Data overlays are perhaps the most insidious of all data warehousing issues. A data overlay is exactly what it sounds like–an existing demographic record with a distinct unique identifier is updated to a completely different demographic record but with the SAME unique identifier. .
The problem is mostly perceptive. When hospitals and data administrators claim that a unique identifier is unique, they expect it to be so. From a business standpoint, teams don’t investigate whether source systems might be overwriting records because they don’t really see the problem until sometime after the overlay has occurred.
Even then, the complexity of root cause may be hidden for quite some time.
What makes overlays especially tricky in terms of centralized hub management is the ability to conceptualize how records in an entity continue to maintain a link when they are obviously different. Without the proper information, human judgment takes a beating on this one.
Consider the following example:
A user, who we’ll call Steven, works in the billing department of a hospital. He types in the demographic information on a new patient named Mary Johnson who, along with other identifying information is also assigned a unique patient identifier.

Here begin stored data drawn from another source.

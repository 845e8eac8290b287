-- ===== src/Hall/Leave/Players.antt =====
-- What the clients' players hold after a departure.
use jira_game.Base.{
  >>=-eq-some, Bool, Bool-cases, List, Option, [], ap, arith, false, if◌then◌else◌, inl, inr,
  map_some, refl, none, some, some_inj, sym, true, ℕ, ◌==◌, ◌∙◌, ◌∷◌, ◌≡◌,
}
use jira_game.Proto.{PlayerInfo, RoomInfo}
use jira_game.World.{World, on_cache}
use jira_game.Cache.{Cache, Entity, create_room, get_entity, set_role_info}
use jira_game.Cache.Laws.{get_entity-remove_member, get_entity-set_role_info}
use jira_game.JiraEvent.Laws.{send_all-cache}
use jira_game.Hall.Leave.{
  close_room, depart_room, heir_list, leave_others, promote_entity, replace_room, set_idle, stayers,
  take_control,
}
use jira_game.Hall.Leave.Replaced.{is_last}

-- The entity of the socket j, where the player of one socket is changed.
abbrev pub at_socket : ℕ → ℕ → (PlayerInfo → PlayerInfo) → Entity → Entity
at_socket s j f e = if s == j then record e { role_info = f e.role_info } else e

abbrev pub take_charge : List PlayerInfo → ℕ → Entity → Entity
take_charge [] j e = e
take_charge (h ∷ hs) j e = at_socket h.socket j (λ p. record p { is_room_ctl = true }) e

map_some_same : (o : Option Entity) → map_some (λ e. e) o ≡ o
map_some_same none = refl
map_some_same (some e) = refl

map_some_twice :
    (f g : Entity → Entity) (o : Option Entity)
    → map_some g (map_some f o) ≡ map_some (λ e. g (f e)) o
map_some_twice f g none = refl
map_some_twice f g (some e) = refl

chosen_at :
    (here : Bool) (f : PlayerInfo → PlayerInfo) (o : Option Entity)
    → (if here then map_some (λ e. record e { role_info = f e.role_info }) o else o)
      ≡ map_some (λ e. if here then record e { role_info = f e.role_info } else e) o
chosen_at true f o = refl
chosen_at false f o = sym (map_some_same o)

set_at_socket :
    (j s : ℕ) (f : PlayerInfo → PlayerInfo) (c : Cache)
    → get_entity j (set_role_info s f c) ≡ map_some (at_socket s j f) (get_entity j c)
set_at_socket j s f c = get_entity-set_role_info j s f c ∙ chosen_at (s == j) f (get_entity j c)

get_entity-replace_room :
    (j id : ℕ) (room : RoomInfo) (c : Cache)
    → get_entity j (replace_room id room c) ≡ get_entity j c
unfolding replace_room create_room get_entity
get_entity-replace_room j id room c = ground (arith, get_entity-remove_member j id c)

promote_entity-players :
    (heir : Option PlayerInfo) (c c' : Cache) (j : ℕ)
    → promote_entity heir c ≡ some c'
    → get_entity j c' ≡ map_some (take_charge (heir_list heir) j) (get_entity j c)
unfolding promote_entity
promote_entity-players none c c' j h =
    ap (get_entity j) (sym (some_inj h)) ∙ sym (map_some_same (get_entity j c))
promote_entity-players (some p) c c' j h =
    let (_, _, e) = >>=-eq-some (get_entity p.socket c) _ h in
    ap (get_entity j) (sym (some_inj e)) ∙ set_at_socket j p.socket take_control c

leave_others-players :
    (s : ℕ) (me : PlayerInfo) (room : RoomInfo) (staying : List PlayerInfo)
    (heir : Option PlayerInfo) (w w' : World) (j : ℕ)
    → leave_others s me room staying heir w ≡ some w'
    → get_entity j w'.cache
      ≡ map_some
          (λ e. at_socket s j set_idle (take_charge (heir_list heir) j e))
          (get_entity j w.cache)
unfolding leave_others
leave_others-players s me room staying heir w w' j h =
    let (c, promoted, e) = >>=-eq-some (promote_entity heir w.cache) _ h in
    ap (λ v. get_entity j v.cache) (sym (some_inj e))
    ∙ ap (get_entity j) (send_all-cache _ _ _)
    ∙ get_entity-replace_room j me.room_id _ _
    ∙ set_at_socket j s set_idle c
    ∙ ap (map_some (at_socket s j set_idle)) (promote_entity-players heir w.cache c j promoted)
    ∙ map_some_twice (take_charge (heir_list heir) j) (at_socket s j set_idle)
        (get_entity j w.cache)

pub depart_room-players :
    (s : ℕ) (me : PlayerInfo) (room : RoomInfo) (w w' : World) (j : ℕ)
    → depart_room s me room w ≡ some w'
    → get_entity j w'.cache
      ≡ map_some
          (λ e. at_socket s j set_idle (
            if is_last room
            then e
            else take_charge (heir_list (stayers me.role_id me.is_room_ctl room.players).1) j e))
          (get_entity j w.cache)
unfolding depart_room close_room
depart_room-players s me room w w' j h = elim (Bool-cases (is_last room)) [
  | inl last ↦
      let k : some (on_cache (close_room s me.room_id) w) ≡ some w' = rw last at h in
      ap (λ v. get_entity j v.cache) (sym (some_inj k))
      ∙ set_at_socket j s set_idle _
      ∙ ap (map_some (at_socket s j set_idle)) (get_entity-remove_member j me.room_id w.cache)
      ∙ rw last refl
  | inr more ↦ leave_others-players s me room _ _ w w' j (rw more at h) ∙ rw more refl
]
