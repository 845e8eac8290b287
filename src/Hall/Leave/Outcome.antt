-- ===== src/Hall/Leave/Outcome.antt =====
-- What leaving a room comes to.
use jira_game.Base.{
  Bool, List, Option, [], ap, false, if◌then◌else◌, inc32, keep, map, map_some, none, not, refl,
  some, sym, true, ℕ, ◌++◌, ◌==◌, ◌∙◌, ◌∷◌, ◌≡◌,
}
use jira_game.Proto.{
  HallMsgType, Packet, PlayerInfo, RoomInfo, default_player, empty_hall_return, hall_return,
  rt_idle, wait_room,
}
use jira_game.World.{World}
use jira_game.Cache.{Entity, find_entity_room, get_entity}
use jira_game.JiraEvent.Laws.{deliveries}
use jira_game.Hall.Replies.{hall_packet, sockets}
use jira_game.Hall.Replies.Sockets.{sockets_lem}
use jira_game.Hall.Leave.{
  depart, depart_room, heir_list, leaver_info, left_reply, room_after, stayers, take_control,
}
use jira_game.Hall.Leave.Replaced.{
  Replaced, depart_found, depart_room-Replaced, is_last, stayers_control,
}
use jira_game.Hall.Leave.Players.{at_socket, depart_room-players, take_charge}

abbrev in_control : PlayerInfo → PlayerInfo
in_control p = record p { is_room_ctl = true }

-- The members and the new controller, where the control is handed on to the first of them.
abbrev handed_on : Bool → List PlayerInfo → List PlayerInfo × List PlayerInfo
handed_on false ps = (ps, [])
handed_on true [] = ([], [])
handed_on true (p ∷ ps) = (in_control p ∷ ps, in_control p ∷ [])

-- The members with another role than the leaver's; a controller hands the control on.
abbrev pub others : PlayerInfo → RoomInfo → List PlayerInfo × List PlayerInfo
others me room = handed_on me.is_room_ctl (keep (λ p. not (p.role_id == me.role_id)) room.players)

abbrev pub room_of : RoomInfo → List PlayerInfo → RoomInfo
room_of room players = record {
  room_id = room.room_id;
  room_name = room.room_name;
  person_count = room.person_count;
  free_person_count = inc32 room.free_person_count;
  players = players;
}

-- The reply names the leaver, and then the new controller, if there is one.
abbrev pub farewell : PlayerInfo → List PlayerInfo → Packet
farewell me heir = record {
  cur_scene = wait_room;
  reply = hall_return (record empty_hall_return {
    msg_type = some HallMsgType.leave_room;
    friend_list =
        record default_player {
          role_id = me.role_id;
          is_room_ctl = me.is_room_ctl;
          team = me.team;
          team_id = me.team_id;
        }
        ∷ heir;
  });
}

-- How leaving ends, for a player whose `PlayerInfo` is `me` in the room. With the last free place
-- the room is removed and nothing is sent. Otherwise the room is replaced by a copy with one more free
-- place and without the members that have the leaver's role, in which the first member has the control
-- where the leaver had it; each member that stays and has an observer is sent the leaver and the new
-- controller. The leaver's player names no room any more and is idle, and the player on the new
-- controller's socket has the control. No other room and no other player changes.
pub record Left (s : ℕ) (me : PlayerInfo) (room : RoomInfo) (w w' : World) : Type 0 where
  pub rooms :
      (j : ℕ)
      → find_entity_room j w'.cache ≡ (
          if me.room_id == j
          then if is_last room then none else some (room_of room (others me room).0)
          else find_entity_room j w.cache)
  pub told : w'.sent ≡ (
      if is_last room
      then w.sent
      else w.sent
        ++ deliveries w.listeners
            (farewell me (others me room).1)
            (map (λ p. p.socket) (others me room).0))
  pub players :
      (j : ℕ)
      → get_entity j w'.cache
        ≡ map_some
            (λ e.
              at_socket s j
                (λ p. record p { room_id = 0; room_state = rt_idle })
                (if is_last room then e else take_charge (others me room).1 j e))
            (get_entity j w.cache)

abbrev handed : List PlayerInfo × Option PlayerInfo → List PlayerInfo × List PlayerInfo
handed (ps, heir) = (ps, heir_list heir)

first_handed :
    (ps : List PlayerInfo)
    → handed (elim ps [ [] ↦ ([], none) | q ∷ qs ↦ (take_control q ∷ qs, some (take_control q)) ])
      ≡ handed_on true ps
first_handed [] = refl
first_handed (p ∷ ps) = refl

handed-stayers :
    (role : ℕ) (control : Bool) (ps : List PlayerInfo)
    → handed (stayers role control ps) ≡ handed_on control (keep (λ p. not (p.role_id == role)) ps)
handed-stayers role false ps = ap handed (stayers_control role ps).0
handed-stayers role true ps = ap handed (stayers_control role ps).1 ∙ first_handed _

told_lem :
    (me : PlayerInfo) (r : List PlayerInfo × Option PlayerInfo) (w : World)
    → deliveries w.listeners (hall_packet (left_reply (leaver_info me) r.1)) (sockets r.0)
      ≡ deliveries w.listeners (farewell me (handed r).1) (map (λ p. p.socket) (handed r).0)
unfolding left_reply leaver_info
told_lem me (ps, heir) w =
    ap (deliveries w.listeners (farewell me (heir_list heir))) (sockets_lem ps)

Replaced-Left :
    (s : ℕ) (me : PlayerInfo) (room : RoomInfo) (w w' : World)
    → Replaced s me room w w'
    → depart_room s me room w ≡ some w'
    → Left s me room w w'
unfolding room_after
Replaced-Left s me room w w' r run =
    let same = handed-stayers me.role_id me.is_room_ctl room.players in
    record {
      rooms = λ j.
          r.rooms j
          ∙ ap
              (λ v.
                if me.room_id == j
                then if is_last room then none else some (room_of room v.0)
                else find_entity_room j w.cache)
              same;
      told =
          r.told
          ∙ ap (λ ds. if is_last room then w.sent else w.sent ++ ds)
              (told_lem me (stayers me.role_id me.is_room_ctl room.players) w
                ∙ ap (λ v. deliveries w.listeners (farewell me v.1) (map (λ p. p.socket) v.0))
                    same);
      players = λ j.
          depart_room-players s me room w w' j run
          ∙ ap
              (λ v.
                map_some
                  (λ e.
                    at_socket s j (λ p. record p { room_id = 0; room_state = rt_idle })
                      (if is_last room then e else take_charge v.1 j e))
                  (get_entity j w.cache))
              same;
    }

-- A call of `depart` that returns, for a client whose `PlayerInfo` names a room: where all places but
-- one are free, the room is removed and nothing is sent. Otherwise the room has one more free place and
-- exactly the members with another role than the client's, in their order, of whom the first has the
-- control now where the client had it; each of them that has an observer is sent the leaver and the
-- new controller. The client's player names no room any more and is idle, and the player on the new
-- controller's socket has the control. No other room and no other player changes.
pub depart-Left :
    (s : ℕ) (e : Entity) (room : RoomInfo) (w w' : World)
    → get_entity s w.cache ≡ some e
    → find_entity_room e.role_info.room_id w.cache ≡ some room
    → depart s w ≡ some w'
    → Left s e.role_info room w w'
depart-Left s e room w w' known found run =
    let left = sym (depart_found s e room w known found) ∙ run in
    Replaced-Left s e.role_info room w w' (depart_room-Replaced s e.role_info room w w' left) left
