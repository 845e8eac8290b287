-- ===== src/Hall/Ready/Outcome.antt =====
-- When `GameStart` names the members.
use jira_game.Base.{
  >>=-eq-some, All, Bool-cases, List, [], ap, false, if◌then◌else◌, inl, inr, refl, some, some_inj,
  sym, true, ℕ, ◌++◌, ◌==◌, ◌>>=◌, ◌∙◌, ◌∷◌, ◌≡◌, ◌⊎◌,
}
use jira_game.Proto.{HallMsgType, Packet, PlayerInfo, RoomInfo, empty_hall_return}
use jira_game.Cache.{Cache, Entity, find_entity_room, get_entity}
use jira_game.Hall.Ready.{all_player_waite, game_start, start_reply}
use jira_game.World.{World}
use jira_game.JiraEvent.{send_all}
use jira_game.JiraEvent.Laws.{deliveries, send_all-cache, send_all-sent}
use jira_game.Hall.Replies.{hall_packet, sockets}

-- Every member with another role has an entity, and it waits.
abbrev pub OthersWait : ℕ → Cache → List PlayerInfo → Type 0
OthersWait role c = All λ p.
    ((p.role_id == role) ≡ true)
    ⊎ ((e : Entity) × (get_entity p.socket c ≡ some e) × (e.role_info.game_waite ≡ true))

all_player_waite-OthersWait :
    (role : ℕ) (ps : List PlayerInfo) (c : Cache)
    → all_player_waite role ps c ≡ some true
    → OthersWait role c ps
unfolding all_player_waite
all_player_waite-OthersWait role [] c h = tt
all_player_waite-OthersWait role (p ∷ ps) c h = elim (Bool-cases (p.role_id == role)) [
  | inl me ↦ (inl me, all_player_waite-OthersWait role ps c (rw me at h))
  | inr other ↦
      let h' : (get_entity p.socket c >>= λ e.
      if e.role_info.game_waite then all_player_waite role ps c else some false)
          ≡ some true =
        rw other at h in
      let (e, he, k) = >>=-eq-some (get_entity p.socket c) _ h' in
      elim (Bool-cases e.role_info.game_waite) [
        | inl ready ↦ (inr (e, he, ready), all_player_waite-OthersWait role ps c (rw ready at k))
        | inr lazy ↦ let no : some false ≡ some true = rw lazy at k in absurd (cc no)
      ]
]

OthersWait-all_player_waite :
    (role : ℕ) (ps : List PlayerInfo) (c : Cache)
    → OthersWait role c ps
    → all_player_waite role ps c ≡ some true
unfolding all_player_waite
OthersWait-all_player_waite role [] c h = refl
OthersWait-all_player_waite role (p ∷ ps) c h = elim (Bool-cases (p.role_id == role)) [
  | inl me ↦ rw me (OthersWait-all_player_waite role ps c h.1)
  | inr other ↦ elim (h.0) [
    | inl me ↦ absurd (cc (sym me ∙ other))
    | inr (e, he, ready) ↦ rw (other, he, ready) (OthersWait-all_player_waite role ps c h.1)
  ]
]

-- What `GameStart` sends.
abbrev pub start_packet : List PlayerInfo → Packet
start_packet members =
    hall_packet
      (record empty_hall_return { msg_type = some HallMsgType.game_start; friend_list = members })

-- `GameStart` changes no room and no entity, and sends every member of the room the same reply. The
-- reply names all members if every member with another role waits, and otherwise nobody.
pub game_start-OthersWait :
    (s : ℕ) (w w' : World) (e : Entity) (room : RoomInfo)
    → get_entity s w.cache ≡ some e
    → find_entity_room e.role_info.room_id w.cache ≡ some room
    → game_start s w ≡ some w'
    → (w'.cache ≡ w.cache)
      × (((OthersWait e.role_info.role_id w.cache room.players)
            × (w'.sent
                ≡ w.sent
                  ++ deliveries w.listeners (start_packet room.players) (sockets room.players)))
          ⊎ ((¬ OthersWait e.role_info.role_id w.cache room.players)
              × (w'.sent
                  ≡ w.sent ++ deliveries w.listeners (start_packet []) (sockets room.players))))
unfolding game_start start_reply
game_start-OthersWait s w w' e room he hr h =
    let role = e.role_info.role_id in
    let h' : (all_player_waite role room.players w.cache >>= λ ready.
    some (send_all (sockets room.players) (hall_packet (start_reply ready room)) w))
        ≡ some w' =
      rw (he, ◌>>=◌, hr) at h in
    let (ready, hw, k) = >>=-eq-some (all_player_waite role room.players w.cache) _ h' in
    elim (Bool-cases ready) [
      | inl yes' ↦ (
        ap (λ v. v.cache) (sym (some_inj k)) ∙ send_all-cache _ _ w,
        inl (
          all_player_waite-OthersWait role room.players w.cache (hw ∙ ap some yes'),
          ap (λ v. v.sent) (sym (some_inj k)) ∙ send_all-sent _ _ w ∙ rw yes' refl,
        ),
      )
      | inr no' ↦ (
        ap (λ v. v.cache) (sym (some_inj k)) ∙ send_all-cache _ _ w,
        inr (
          (λ all.
              let clash : some true ≡ some false =
                sym (OthersWait-all_player_waite role room.players w.cache all)
                ∙ hw
                ∙ ap some no' in
              cc clash),
          ap (λ v. v.sent) (sym (some_inj k)) ∙ send_all-sent _ _ w ∙ rw no' refl,
        ),
      )
    ]
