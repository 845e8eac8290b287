-- ===== src/MainScene/Rsync.antt =====
-- `CMainScene::RsyncAttr` and `CMainScene::RsyncStatus` of
-- DNW_Server/Server/GameLogic/SceneChain/MainScene.cpp.
pub mod Identity
use jira_game.Base.{List, Option, [], none, some, ℕ, ◌>>=◌, ◌∷◌}
use jira_game.World.{World}
use jira_game.Cache.{Cache, find_entity_room, get_entity, set_role_info}
use jira_game.Proto.{
  GameMainMsgType, GameMainRequest, GameMainReturn, Packet, PlayerInfo, game_main_return,
  main_scene,
}
use jira_game.JiraEvent.{send_all}
use jira_game.Hall.Replies.{sockets}

-- `packet.set_curscene(CS_MainScene); packet.set_allocated_gamemainreturn(&gameMainReturn);`
abbrev pub main_packet : GameMainReturn → Packet
main_packet g = record { cur_scene = main_scene; reply = game_main_return g }

-- The client's data replace the player's, but for the room, the socket and the role id.
unfoldable pub merge_info : PlayerInfo → PlayerInfo → PlayerInfo
merge_info sent me = record sent { room_id = me.room_id; socket = me.socket; role_id = me.role_id }

-- What the entities of the members hold; a member without an entity is left out.
unfoldable pub entity_infos : List PlayerInfo → Cache → List PlayerInfo
entity_infos [] c = []
entity_infos (p ∷ ps) c = elim (get_entity p.socket c) [
  | none ↦ entity_infos ps c
  | some e ↦ e.role_info ∷ entity_infos ps c
]

unfoldable pub rsync : GameMainMsgType → ℕ → GameMainRequest → World → Option World
unfolding merge_info entity_infos
rsync kind socket req w = get_entity socket w.cache >>= λ e.
    elim (find_entity_room e.role_info.room_id w.cache) [
      | none ↦ some w
      | some room ↦
          let c = set_role_info socket (merge_info req.player_info) w.cache in
          let reply : GameMainReturn = record {
            msg_type = kind;
            friend_list = entity_infos room.players c;
          } in
          some (send_all (sockets room.players) (main_packet reply) (record w { cache = c }))
    ]
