-- ===== src/KeepAlive.antt =====
-- The heartbeat: DNW_Server/Server/GameLogic/SceneChain/KeepAlive.cpp, and the timer of
-- DNW_Server/Server/ClientEntity/ClientEntity.cpp. Of the message that a `CKeepAliveInfo` keeps only
-- the scene is read. A timer's thread is a sequence of rounds of its loop, `timer_round`; a round
-- runs as a whole between two messages, while the server has not been told to exit.
pub mod Silence
pub mod Removal
pub mod Clock
use jira_game.Base.{
  Bool, Option, [], contains, erase, false, if◌then◌else◌, insert, keep, lookup, ltb, modify, none,
  not, some, true, ℕ, ◌%◌, ◌&&◌, ◌+◌, ◌==◌, ◌>>=◌, ◌||◌, ◌∷◌,
}
use jira_game.World.{World, on_cache}
use jira_game.Cache.{Cache, Entity, erase_entity, find_entity_room, get_entity, modify_entity}
use jira_game.Proto.{
  CurScene, GameMainMsgType, GameMainReturn, HallMsgType, PlayerInfo, default_player,
  empty_hall_return, main_scene, wait_room,
}
use jira_game.JiraEvent.{remover_listenner, send_all, send_msg}
use jira_game.Hall.Replies.{hall_packet, sockets}
use jira_game.Hall.Leave.{depart}
use jira_game.MainScene.Rsync.{main_packet}

-- `CClientEntity::StopTimerMutex`
unfoldable pub stop_timer_mutex : Entity → Entity
stop_timer_mutex e = record e { thread_power = true; send_msg_count = 0 }

-- `CClientEntity::SetTimerMutex`; the thread that it starts runs `timer_round`.
unfoldable pub set_timer_mutex : ℕ → ℕ → Entity → Entity
set_timer_mutex delta address e = record e {
  timer = some address;
  delta_time = delta;
  has_thread = true;
  thread_power = false;
}

-- `m_iSendMsgCount = 0; setIsBroken(false);`
abbrev pub set_alive : Entity → Entity
set_alive e = record e { send_msg_count = 0; is_broken = false }

abbrev pub set_broken : Bool → Entity → Entity
set_broken b e = record e { is_broken = b }

abbrev pub is_wait_room : CurScene → Bool
is_wait_room wait_room = true
is_wait_room _ = false

abbrev pub is_main_scene : CurScene → Bool
is_main_scene main_scene = true
is_main_scene _ = false

-- `keepAliveInfoMap[clientSocket]->RecMessage = RecMessage`, where the map has the socket. The write
-- goes to the heap through the pointer; `none` where that memory has been freed.
unfoldable pub update_info : ℕ → CurScene → World → Option World
update_info socket scene w = elim (lookup socket w.keep_alive_info_map) [
  | none ↦ some w
  | some address ↦
      if contains address w.heap
      then some (record w { heap = modify address (λ i. record i { cur_scene = scene }) w.heap })
      else none
]

-- `new CKeepAliveInfo()`, its entry in the map, and the timer.
unfoldable pub start_timer : ℕ → CurScene → World → World
unfolding set_timer_mutex
start_timer socket scene w = record w {
  heap = insert w.next_address (record { client_socket = socket; cur_scene = scene }) w.heap;
  next_address = w.next_address + 1;
  keep_alive_info_map = insert socket w.next_address w.keep_alive_info_map;
  cache = modify_entity socket (set_timer_mutex 1 w.next_address) w.cache;
}

-- `CKeepAlive::Start`
unfoldable pub start : ℕ → CurScene → World → Option World
unfolding update_info start_timer
start socket scene w = elim (get_entity socket w.cache) [
  | none ↦ some w
  | some e ↦
      ((if is_wait_room scene || is_main_scene scene then update_info socket scene w else some w)
        >>= λ w'.
            let w'' = on_cache (modify_entity socket set_alive) w' in
            some (if e.has_thread then w'' else start_timer socket scene w''))
]

-- The other members of the player's room are told that the player's line is broken.
unfoldable pub notify_break_line : ℕ → PlayerInfo → World → World
notify_break_line socket me w = elim (find_entity_room me.room_id w.cache) [
  | none ↦ w
  | some room ↦
      let reply : GameMainReturn = record {
        msg_type = GameMainMsgType.break_line;
        friend_list = record default_player { name = me.name } ∷ [];
      } in
      send_all (keep (λ s. not (s == socket)) (sockets room.players)) (main_packet reply) w
]

-- Three to nine heartbeats are missing: the player leaves the room, once.
unfoldable pub miss_few : ℕ → CurScene → Entity → World → Option World
miss_few socket scene e w =
    (if not e.is_broken && is_wait_room scene then depart socket w else some w) >>= λ w'.
    some (on_cache (modify_entity socket (set_broken true)) w')

-- Ten to twenty-nine: the others are told, once.
unfoldable pub miss_many : ℕ → CurScene → Entity → World → World
unfolding notify_break_line
miss_many socket scene e w =
    on_cache (modify_entity socket (set_broken false))
      (if e.is_broken && is_main_scene scene then notify_break_line socket e.role_info w else w)

-- Thirty: the entity, its observer and the info are removed. `StopTimerMutex` then ends the thread
-- of the entity, which is in no map any more.
unfoldable pub remove_client : ℕ → ℕ → World → World
remove_client socket address w =
    record (remover_listenner socket (on_cache (erase_entity socket) w)) {
      heap = erase address w.heap;
    }

-- The answer to the client, and the count of the missing heartbeats.
unfoldable pub answer : ℕ → CurScene → World → World
answer socket scene w =
    let hall = hall_packet (record empty_hall_return { msg_type = some HallMsgType.keep_alive }) in
    let game = main_packet (record { msg_type = GameMainMsgType.keep_alive; friend_list = [] }) in
    on_cache (modify_entity socket (λ e. record e { send_msg_count = e.send_msg_count + 1 })) (
      if is_wait_room scene
      then send_msg socket hall w
      else if is_main_scene scene
      then send_msg socket game w
      else w)

-- `CKeepAlive::TimerFunc` on the info at an address; `none` where that memory has been freed.
unfoldable pub timer_func : ℕ → World → Option World
unfolding miss_few miss_many remove_client answer
timer_func address w = lookup address w.heap >>= λ info.
    elim (get_entity info.client_socket w.cache) [
      | none ↦ some w
      | some e ↦
          let socket = info.client_socket in
          let scene = info.cur_scene in
          if ltb e.send_msg_count 3
          then some (answer socket scene w)
          else if ltb e.send_msg_count 10
          then (miss_few socket scene e w >>= λ w'. some (answer socket scene w'))
          else if ltb e.send_msg_count 30
          then some (answer socket scene (miss_many socket scene e w))
          else some (remove_client socket address w)
    ]

abbrev pub or_else : Option ℕ → ℕ → ℕ
or_else none d = d
or_else (some a) d = a

-- The entity of a socket, and the info that its timer was set with.
unfoldable pub timer_of : ℕ → Cache → Option (Entity × ℕ)
timer_of socket c = get_entity socket c >>= λ e. (e.timer >>= λ address. some (e, address))

-- One round of the loop of `CClientEntity::SetTimerMutexThread` for the entity of a socket, which
-- reads the clock as `now`, and as `later` when the timer's function has returned. `preTime` is one
-- variable for the threads of all entities. An entity that is gone has no thread any more, and one
-- whose timer was never set has none yet.
unfoldable pub timer_round : ℕ → ℕ → ℕ → World → Option World
unfolding timer_func timer_of
timer_round socket now later w = elim (timer_of socket w.cache) [
  | none ↦ some w
  | some (e, address) ↦
      let pre = or_else w.pre_time (now % 4294967296) in
      let w' = record w { pre_time = some pre } in
      let fired =
        (timer_func address w' >>= λ w''.
        some (record w'' { pre_time = some (later % 4294967296) })) in
      if e.thread_power
      then some w
      else if ltb ((pre + e.delta_time) % 4294967296) now
      then fired
      else some w'
]
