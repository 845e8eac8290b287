-- ===== src/KeepAlive/Clock.antt =====
-- The timers' threads share one `preTime`.
use jira_game.Base.{
  >>=-eq-some, Bool-cases, ap, arith, false, inl, inr, ltb, refl, some, some_inj, sym, true, ℕ, ◌%◌,
  ◌+◌, ◌<◌, ◌>>=◌, ◌∙◌, ◌≡◌, ◌≤◌,
}
use jira_game.World.{World}
use jira_game.Cache.{Entity}
use jira_game.KeepAlive.{or_else, timer_func, timer_of, timer_round}

-- A timer waits while the clock has not passed the shared time by its delta.
waits :
    (b now later t : ℕ) (w : World) (e : Entity) (address : ℕ)
    → timer_of b w.cache ≡ some (e, address)
    → w.pre_time ≡ some t
    → t + e.delta_time < 4294967296
    → now ≤ t + e.delta_time
    → timer_round b now later w ≡ some w
unfolding timer_round
waits b now later t w e address timer pre small early = elim (Bool-cases e.thread_power) [
  | inl stopped ↦ rw (timer, timer_round, stopped) refl
  | inr running ↦ rw (timer, timer_round, running, pre, not_yet) refl
]
  where
    not_yet : ltb ((t + e.delta_time) % 4294967296) now ≡ false
    not_yet = ground arith

-- After a round in which the function of one client's timer has run and returned at the time
-- `later`, a round of any client's timer changes nothing, as long as the clock does not pass
-- `later` by that client's delta. So one run serves all clients.
pub timer_round_shared :
    (a b now later now' later' : ℕ) (w w' : World) (ea eb : Entity) (at_a at_b : ℕ)
    → timer_of a w.cache ≡ some (ea, at_a)
    → ea.thread_power ≡ false
    → (or_else w.pre_time (now % 4294967296) + ea.delta_time) % 4294967296 < now
    → timer_round a now later w ≡ some w'
    → timer_of b w'.cache ≡ some (eb, at_b)
    → later + eb.delta_time < 4294967296
    → now' ≤ later + eb.delta_time
    → timer_round b now' later' w' ≡ some w'
unfolding timer_round
timer_round_shared a b now later now' later' w w' ea eb at_a at_b ta power due h tb small early =
    let pre = or_else w.pre_time (now % 4294967296) in
    let k : (timer_func at_a (record w { pre_time = some pre }) >>= λ v.
    some (record v { pre_time = some (later % 4294967296) }))
        ≡ some w' =
      rw (ta, timer_round, power, fires) at h in
    let (v, ran, e) = >>=-eq-some (timer_func at_a (record w { pre_time = some pre })) _ k in
    waits b now' later' later w' eb at_b tb
      (ap (λ u. u.pre_time) (sym (some_inj e)) ∙ ap some (ground arith)) small early
  where
    fires : ltb ((or_else w.pre_time (now % 4294967296) + ea.delta_time) % 4294967296) now ≡ true
    fires = ground arith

Some days later, Steven receives billing information for a new patient, John Smith. For any number of reasons, either human or technological, this record is given the same unique identifier as Mary Johnson. Thus, instead of a patient addition, a patient update has been performed.
When the record arrives in the data warehousing for processing with the patient’s other profile data, the first record—Mary Johnson—is overwritten with demographics for John Smith. And this is where the insidiousness begins. Linking overtop of John Smith’s information in the entity management system is the rest of the data that formerly linked with Mary Johnson such as lab records, pharmacy information, and any other identifiers that were tied and linked to the former Mary Johnson record.
Just because an overlay of information has occurred does NOT mean that the records are smart enough to disentangle themselves based on the new attributes. In fact, we often change multiple attributes at once such as moving address and phone numbers. Would we really want to create a new identity after this data had separated?
Nevertheless, it’s the unintentional impacts that cause the real trouble. In this case, as billing administrators attempt to pull Mary Johnson’s profile, a John Smith record will also crop up in the mix, leading to a great deal of confusion, finger-pointing, and even blame against the software itself.
Data overlays wreak havoc because teams don’t know where to look or what to fix. At first blush, it may looks like the data warehouse is the culprit, but unless data analysts can inspect the full history of the records in question—when did Mary Johnson “become” John Smith?—teams should avoid jumping to conclusions.
The best types of software have a way of detecting overlay issues and have defined methods for unraveling them. These remediation efforts are limited to records only within the centralized hub, however, and are relevant only after the data has settled. Treating the symptoms on the data warehouse does not address the root causes and without going back to the source, these types of data errors may occur again, perhaps frequently. The old adage rings true once again: “an ounce of prevention is worth a pound of cure.”
In summary, if data in a warehouse joins together for incompatible records, you may have an overlay issue on your hands. Stay focused, be persistent, and work hard at being a great data detective.